Rodríguez mentioned the accused shooter’s attendance at the Doral Jesus Worship Center in Florida. Frank López, the pastor there, is friendly toward “Senator Mark Rubio … and other known extremist figures.” Plus, the “U.S. Vice President … recently visited that church,” and in 2019 gave a speech there “openly hostile to Cuba.”  

Clearly, the U. S. blind eye toward Cuban-American paramilitary conspiracies, the U.S. turn to germ warfare, and a U.S. economic blockade directed at causing human misery are all manifestations of hatred. That’s so also with the impunity awarded arch-conspirators like Luis Posada and Orlando Bosch.

Cuba’s representatives serving abroad are no strangers to hatred manifesting as terrorism. A recent historical survey provided by Cuba’s security services cites: “83 attacks against Cuban embassies throughout the world and 29 attacks against Cuban diplomats with eight deaths as the result of terrorism encouraged, financed, or allowed by Washington.” 

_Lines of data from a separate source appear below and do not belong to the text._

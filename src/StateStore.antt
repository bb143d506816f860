-- ===== src/StateStore.antt =====
-- state-store.ts: `InMemoryStateStore`, executions by id with an index of idempotency keys and lazy
-- eviction. `now` is what `Date.now()` gives in the call. Executions are stored as values: the
-- objects that the callers hold are not followed.
pub mod Retention
mod Examples
use runcor.Common.{
  ℕ, ◌+◌, ◌*◌, Text, Option, none, some, List, [], ◌∷◌, Bool, true, false, if◌then◌else◌, ltb,
  nat_beq, ◌&&◌, text_beq, text_eq, truthy, filter_by, map,
}
use runcor.Common.Dict
use runcor.Common.Dict.{Dict, delete_all, values}
use runcor.Common.Distinct.{keys_where}
use runcor.Execution.{
  State, Execution, queued, running, waiting, retrying, complete, failed, is_terminal,
}

pub record StateStore (V : Type 0) : Type 0 where
  pub executions : Dict Text (Execution V)
  pub idempotency_index : Dict Text Text
  pub retention_period_ms : ℕ

pub record StateFilter : Type 0 where
  pub by_state : Option State
  pub by_flow_name : Option Text

abbrev pub state_beq : State → State → Bool
state_beq queued queued = true
state_beq running running = true
state_beq waiting waiting = true
state_beq retrying retrying = true
state_beq complete complete = true
state_beq failed failed = true
state_beq _ _ = false

-- `now - completed > period`, written with a sum.
abbrev pub completed_before : Option ℕ → ℕ → ℕ → Bool
completed_before none period now = false
completed_before (some completed) period now = ltb (completed + period) now

module _ {V : Type 0} where
  -- The constructor; a period of zero seconds means that nothing is evicted.
  unfoldable pub new_store : ℕ → StateStore V
  new_store retention_period_seconds = record {
    executions = [];
    idempotency_index = [];
    retention_period_ms =
        if ltb 0 retention_period_seconds then retention_period_seconds * 1000 else 0;
  }

  abbrev pub is_expired : ℕ → ℕ → Execution V → Bool
  is_expired period now e =
      is_terminal e.state && completed_before e.timestamps.completed period now

  abbrev pub key_of : Execution V → Text
  key_of e = e.idempotency_key

  unfoldable pub evict_expired : ℕ → StateStore V → StateStore V
  evict_expired now st = if nat_beq st.retention_period_ms 0 then st else record st {
    executions =
        delete_all (keys_where (is_expired st.retention_period_ms now) st.executions) st.executions;
    idempotency_index =
        delete_all
          (map key_of (filter_by (is_expired st.retention_period_ms now) (values st.executions)))
          st.idempotency_index;
  }

  unfoldable pub get_execution : Text → ℕ → StateStore V → Option (Execution V) × StateStore V
  get_execution id now st = let st = evict_expired now st in (Dict.get id st.executions, st)

  -- An empty id counts as none.
  unfoldable pub lookup_id : Option Text → StateStore V → Option (Execution V)
  lookup_id none st = none
  lookup_id (some id) st = if truthy (some id) then Dict.get id st.executions else none

  unfoldable pub get_by_idempotency_key :
      Text → ℕ → StateStore V → Option (Execution V) × StateStore V
  unfolding lookup_id
  get_by_idempotency_key key now st =
      let st = evict_expired now st in (lookup_id (Dict.get key st.idempotency_index) st, st)

  unfoldable pub set_execution : Execution V → StateStore V → StateStore V
  set_execution e st = record st {
    executions = Dict.set e.id e st.executions;
    idempotency_index = Dict.set e.idempotency_key e.id st.idempotency_index;
  }

  abbrev pub in_state : Option State → List (Execution V) → List (Execution V)
  in_state none es = es
  in_state (some s) es = filter_by (λ e. state_beq e.state s) es

  abbrev pub of_flow : Option Text → List (Execution V) → List (Execution V)
  of_flow none es = es
  of_flow (some name) es =
      if truthy (some name) then filter_by (λ e. text_beq e.flow_name name) es else es

  abbrev pub filtered : Option StateFilter → List (Execution V) → List (Execution V)
  filtered none es = es
  filtered (some f) es = of_flow f.by_flow_name (in_state f.by_state es)

  unfoldable pub list_executions :
      Option StateFilter → ℕ → StateStore V → List (Execution V) × StateStore V
  list_executions f now st =
      let st = evict_expired now st in (filtered f (values st.executions), st)

  unfoldable pub delete_found : Option (Execution V) → Text → StateStore V → StateStore V
  delete_found none id st = st
  delete_found (some e) id st = record st {
    executions = Dict.delete id st.executions;
    idempotency_index = Dict.delete e.idempotency_key st.idempotency_index;
  }

  unfoldable pub delete_execution : Text → StateStore V → StateStore V
  unfolding delete_found
  delete_execution id st = delete_found (Dict.get id st.executions) id st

Another mission of hate and terror emerged on May 3-4; a small invasion force of mainly Venezuelan Army deserters attempted to invade Venezuela from the sea. As with the Embassy affair, U.S. leaders said very little.

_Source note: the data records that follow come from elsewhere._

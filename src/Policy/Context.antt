-- ===== src/Policy/Context.antt =====
-- types.ts, "Policy Types": what the evaluators of policy/ are called with.
use runcor.Common.{Text, Option, Bool, true, false}
use runcor.Common.{Eq, ◌↔◌, ◌≡◌, arith}

pub data OperationType : Type 0 where
  trigger resume replay list_waiting : OperationType

abbrev pub operation_beq : OperationType → OperationType → Bool
operation_beq trigger trigger = true
operation_beq resume resume = true
operation_beq replay replay = true
operation_beq list_waiting list_waiting = true
operation_beq _ _ = false

pub operation_beq_iff : (a b : OperationType) → (operation_beq a b ≡ true) ↔ (a ≡ b)
operation_beq_iff a b = (λ h. ground arith, λ h. ground arith)

instance abbrev pub operation_eq : Eq OperationType
operation_eq = record { same = operation_beq; same_iff = operation_beq_iff }

-- `metadata` and `executionId` are only handed on to the rules.
pub record PolicyContext (V : Type 0) : Type 0 where
  pub operation : OperationType
  pub flow_name : Text
  pub user_id : Option Text
  pub tenant_id : Option Text
  pub input : V
  pub execution_id : Option Text
  pub metadata : V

Venezuela’s Army and civilian militia quickly finished off the expedition, which had departed from northeastern Colombia. One of their number, a former U.S. Special Forces soldier, told his captors that the purpose of the force had been to seize President Nicolas Maduro and take him to the United States. Florida-based company Silvercorps USA had charge of the operation. 

The company’s owner is U.S. Special Forces veteran Jordan Goudreau.

Goudreau had recruited former Green Berets to supervise the training of the dissident Venezuelan troops. Two of them are now prisoners in Venezuela.  

Venezuelan opposition figures had contracted with Goudreau and Silvercorps USA to carry out the invasion. A contract worth $212.9 million was signed in an expensive condo in Miami. Venezuelan oil resources stolen by the U.S. government served as guarantee for the transaction.  

U.S. leaders said little about the assault. Secretary of State Pompeo indicated that, if necessary, “We will use every tool that we have” to retrieve the two captured U.S. mercenaries. President Trump remarked only that he “wouldn’t send a small, little group. No, no, no. It would be called an army. It would be called an invasion.”  

Trump might have remained totally silent in view of his personal connection with Silvercorps USA.  President Maduro on May 4 declared that two of the Silvercorps invaders were “members of the security team of the president of the United States.” Goudreau reportedly “worked as security at Trump rallies” – one in Charlotte, NC , for example – and “Silvercorp USA also apparently provided security for a Trump rally in Houston.” 

According to the company’s website, “We provide governments and corporations with realistic and timely solutions to irregular problems.” Jordan Goudreau has “planned and led international security teams for the president of the United States as well as the secretary of defense.” 

A mix of nefarious connections, hatred, and terrorism contributed to these irregular attacks on Cuba and Venezuela. Such material does not lend itself to official pronouncements. That nothing is said about the incentive for the two actions also makes sense.

Cuba and Venezuela put people and people’s basic needs first. They exemplify an alternative to U.S. purposes. Those in charge in Washington, imperialists to the core, seek to preserve the profiteering, market-based political and economic system that holds most of the world in its grip. Employing terrorism and military aggression, they stop at nothing.